The most curious thing about our four defeats in Fourth Generation War—Lebanon, Somalia, Iraq, and Afghanistan—is the utter silence in the American officer corps. Defeat in Vietnam bred a generation of military reformers, men such as Col. John Boyd USAF, Col. Mike Wyly USMC, and Col. Huba Wass de Czege USA, each of whom led a major effort to reorient his service. Today, the landscape is barren. Not a military voice is heard calling for thoughtful, substantive change. Just more money, please.

Such a moral and intellectual collapse of the officer corps is one of the worst disasters that can afflict a military because it means it cannot adapt to new realities. It is on its way to history’s wastebasket. The situation brings to mind an anecdote an Air Force friend, now a military historian, liked to tell some years ago. Every military, he said, occasionally craps in its own mess kit. The Prussians did it in 1806, after which they designed and put into service a much improved new model messkit, through the Scharnhorst military reforms. The French did it in 1870, after which they took down from the shelf an old-model messkit—the mass, draft army of the First Republic—and put it back in service. The Japanese did it in 1945, after which they threw their mess kit away, swearing they would never eat again. And we did it in Korea, in Vietnam, and now in four new wars. So far, we’ve had the only military that’s just kept on eating.

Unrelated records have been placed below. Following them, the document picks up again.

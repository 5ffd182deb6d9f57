-- ===== src/Command/Executor/Final.antt =====
-- Every command ends as done or as failed.
use monitor_agent.Base.{◌≡◌, ◌⊎◌, inl, refl, arith, Option, none, some, Text, ℕ, List, lit}
use monitor_agent.Command.Json.{Json, Fields}
use monitor_agent.Command.Host.{Host}
use monitor_agent.Command.Cli.{Result, cli_result, call}
use monitor_agent.Command.Service.{exec_launchctl, exec_restart, exec_status}
use monitor_agent.Command.ConfigFile.{
  config_read, config_validate, config_replace, config_write, config_action, exec_config,
}
use monitor_agent.Command.Executor.{
  exec_doctor, exec_agents, exec_update, exec_logs, exec_probe, exec_sessions, exec_security,
  exec_gateway_cmd, execute, execute_more,
}
use monitor_agent.Command.Message.{message_result, exec_message}

-- Status 2 or status 3: not the 1 of a command that is running.
abbrev pub IsFinal : Result → Type 0
IsFinal r = (r.status ≡ 2) ⊎ (r.status ≡ 3)

cli_result-IsFinal : (label : Text) (r : Text × Option Text) → IsFinal (cli_result label r)
unfolding cli_result
cli_result-IsFinal label (out, none) = inl refl
cli_result-IsFinal label (out, some e) = ground arith

module _ (h : Host) where
  open h use {State}

  call-IsFinal :
      (label : Text) (t : ℕ) (args : List Text) (s : State) → IsFinal (call h label t args s).0
  unfolding call
  call-IsFinal label t args s = cli_result-IsFinal label _

  doctor-IsFinal : (s : State) → IsFinal (exec_doctor h s).0
  unfolding exec_doctor
  doctor-IsFinal s = cli_result-IsFinal _ _

  agents-IsFinal : (s : State) → IsFinal (exec_agents h s).0
  unfolding exec_agents
  agents-IsFinal s = cli_result-IsFinal _ _

  logs-IsFinal : (params : Fields) (s : State) → IsFinal (exec_logs h params s).0
  unfolding exec_logs
  logs-IsFinal params s = cli_result-IsFinal _ _

  security-IsFinal : (params : Fields) (s : State) → IsFinal (exec_security h params s).0
  unfolding exec_security
  security-IsFinal params s = cli_result-IsFinal _ _

  launchctl-IsFinal : (action : Text) (s : State) → IsFinal (exec_launchctl h action s).0
  unfolding exec_launchctl
  launchctl-IsFinal action s = ground arith

  restart-IsFinal : (s : State) → IsFinal (exec_restart h s).0
  unfolding exec_restart
  restart-IsFinal s = ground arith

  status-IsFinal : (s : State) → IsFinal (exec_status h s).0
  unfolding exec_status
  status-IsFinal s = ground arith

  read-IsFinal : (path : Text) (s : State) → IsFinal (config_read h path s).0
  unfolding config_read
  read-IsFinal path s = ground arith

  validate-IsFinal : (path : Text) (s : State) → IsFinal (config_validate h path s).0
  unfolding config_validate
  validate-IsFinal path s = ground arith

  replace-IsFinal : (path : Text) (v : Json) (s : State) → IsFinal (config_replace h path v s).0
  unfolding config_replace
  replace-IsFinal path v s = ground arith

  write-IsFinal : (path content : Text) (s : State) → IsFinal (config_write h path content s).0
  unfolding config_write
  write-IsFinal path content s = grind (arith, replace-IsFinal)

  config-IsFinal : (params : Fields) (s : State) → IsFinal (exec_config h params s).0
  unfolding exec_config config_action
  config-IsFinal params s = grind (arith, read-IsFinal, write-IsFinal, validate-IsFinal)

  update-IsFinal : (params : Fields) (s : State) → IsFinal (exec_update h params s).0
  unfolding exec_update
  update-IsFinal params s = grind (arith, call-IsFinal)

  probe-IsFinal : (s : State) → IsFinal (exec_probe h s).0
  unfolding exec_probe
  probe-IsFinal s = ground arith

  sessions-IsFinal : (params : Fields) (s : State) → IsFinal (exec_sessions h params s).0
  unfolding exec_sessions
  sessions-IsFinal params s = grind (arith, call-IsFinal)

  gateway-IsFinal : (params : Fields) (s : State) → IsFinal (exec_gateway_cmd h params s).0
  unfolding exec_gateway_cmd
  gateway-IsFinal params s = grind (arith, call-IsFinal)

  result-IsFinal : (r : Text × Option Text) → IsFinal (message_result h r)
  unfolding message_result
  result-IsFinal r = ground arith

  message-IsFinal : (params : Fields) (s : State) → IsFinal (exec_message h params s).0
  unfolding exec_message
  message-IsFinal params s = grind (arith, result-IsFinal)

  more-IsFinal :
      (command_type : Text) (params : Fields) (s : State)
      → IsFinal (execute_more h command_type params s).0
  unfolding execute_more
  more-IsFinal command_type params s = ground (
    arith,
    update-IsFinal params s,
    logs-IsFinal params s,
    probe-IsFinal s,
    sessions-IsFinal params s,
    security-IsFinal params s,
    gateway-IsFinal params s,
    message-IsFinal params s,
  )

  -- Whatever the command, its parameters and the machine, the result has status 2 or status 3.
  pub execute-IsFinal :
      (command_type : Text) (params : Fields) (s : State)
      → IsFinal (execute h command_type params s).0
  unfolding execute
  execute-IsFinal command_type params s = ground (
    arith,
    launchctl-IsFinal (lit "start") s,
    launchctl-IsFinal (lit "stop") s,
    restart-IsFinal s,
    status-IsFinal s,
    agents-IsFinal s,
    config-IsFinal params s,
    doctor-IsFinal s,
    more-IsFinal command_type params s,
  )
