-- ===== src/Command/Consumer/Reports.antt =====
-- The results that the consumer reports for one command.
use monitor_agent.Base.{
  ℕ, ◌≡◌, refl, ap, arith, Bool, true, false, ◌⊎◌, inl, List, [], ◌∷◌, ◌++◌, Text, lit, text_eq,
  if◌then◌else◌,
}
use monitor_agent.Command.Json.{Fields}
use monitor_agent.Command.Host.{Host}
use monitor_agent.Command.Executor.{execute}
use monitor_agent.Command.Executor.Final.{execute-IsFinal}
use monitor_agent.Command.Consumer.{
  Command, Consumer, Event, ack, report, progress_sent, marked, executed, Request, run, reject,
  crash, request_of, send_progress, run_command, answer, handle_command,
}

-- The ids and statuses of the reports among the events, in order.
unfoldable pub reports : List Event → List (Text × ℕ)
reports [] = []
reports (report id status out err ∷ es) = (id, status) ∷ reports es
reports (_ ∷ es) = reports es

reports-append : (es fs : List Event) → reports (es ++ fs) ≡ reports es ++ reports fs
unfolding reports
reports-append [] fs = refl
reports-append (report i st o e ∷ es) fs =
    ap (λ (l : List (Text × ℕ)). (i, st) ∷ l) (reports-append es fs)
reports-append (ack i ∷ es) fs = reports-append es fs
reports-append (progress_sent r ∷ es) fs = reports-append es fs
reports-append (marked ∷ es) fs = reports-append es fs
reports-append (executed t p ∷ es) fs = reports-append es fs

reports-send_progress :
    (c : Consumer) (id status : Text) (n : ℕ) (step : Text) (total completed : ℕ)
    → reports (send_progress c id status n step total completed) ≡ []
unfolding send_progress reports
reports-send_progress c id status n step total completed = ground arith

reports-marks : (b : Bool) → reports (if b then marked ∷ [] else []) ≡ []
unfolding reports
reports-marks true = refl
reports-marks false = refl

reports-acks : (b : Bool) (id : Text) → reports (if b then ack id ∷ [] else []) ≡ []
unfolding reports
reports-acks true id = refl
reports-acks false id = refl

-- What the reports of one command may be.
abbrev pub OneFinal : Text → List (Text × ℕ) → Type 0
OneFinal id rs = (rs ≡ (id, 3) ∷ []) ⊎ (rs ≡ (id, 1) ∷ (id, 2) ∷ []) ⊎ (rs ≡ (id, 1) ∷ (id, 3) ∷ [])

module _ (h : Host) (c : Consumer) where
  open h use {State}

  reports-run_command :
      (id t : Text) (p : Fields) (s : State)
      → reports (run_command h c id t p s).0 ≡ (id, 1) ∷ (id, (execute h t p s).0.status) ∷ []
  unfolding run_command reports
  reports-run_command id t p s =
      simp
        (reports-append, reports-send_progress, reports-marks (text_eq t (lit "openclaw_message")))

  run-OneFinal :
      (id t : Text) (p : Fields) (s : State) → OneFinal id (reports (run_command h c id t p s).0)
  run-OneFinal id t p s = rw reports-run_command (ground (arith, execute-IsFinal h t p s))

  answer-OneFinal :
      (id : Text) (r : Request) (s : State) → OneFinal id (reports (answer h c id r s).0)
  unfolding answer reports
  answer-OneFinal id (run t p) s = run-OneFinal id t p s
  answer-OneFinal id (reject err) s = inl refl
  answer-OneFinal id crash s = inl refl

  -- Of each command exactly one final result is reported, as the last report: status 3 alone, or
  -- status 1 and then status 2 or 3. All reports carry the id of the command.
  pub handle_command-reports :
      (cmd : Command) (s : State) → OneFinal cmd.id (reports (handle_command h c cmd s).0)
  unfolding handle_command
  handle_command-reports cmd s =
      rw (reports-append, reports-acks) (answer-OneFinal cmd.id (request_of c cmd) s)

Why? The reasons fall in two categories, substantive and structural. Substantively, at the moral level—Colonel Boyd’s highest and most powerful level—our officers live in a bubble. Even junior officers inhabit a world where they hear only endless, hyperbolic praise of “the world’s greatest military ever.” They feed this swill to each other and expect it from everyone else. If they don’t get it, they become angry. Senior officers’ bubbles, created by vast, sycophantic staffs, rival Xerxes’s court. Woe betide the ignorant courtier who tells the god-king something he doesn’t want to hear. (I know—I’ve done it, often.)

At Boyd’s next level, the mental, our officers are not professionals. They are merely craftsman. They have learned what they do on a monkey-see, monkey-do basis and know no more. What defines a professional—historically there were only three professions, law, medicine, and theology—is that he has read, studied, and knows the literature of his field. The vast majority of our officers read no serious military history or theory. A friend who teaches at a Marine Corps school told me the most he can now get majors to read is two pages. Another friend, teaching at an Army school, says, “We are back to drawing on the cave wall.”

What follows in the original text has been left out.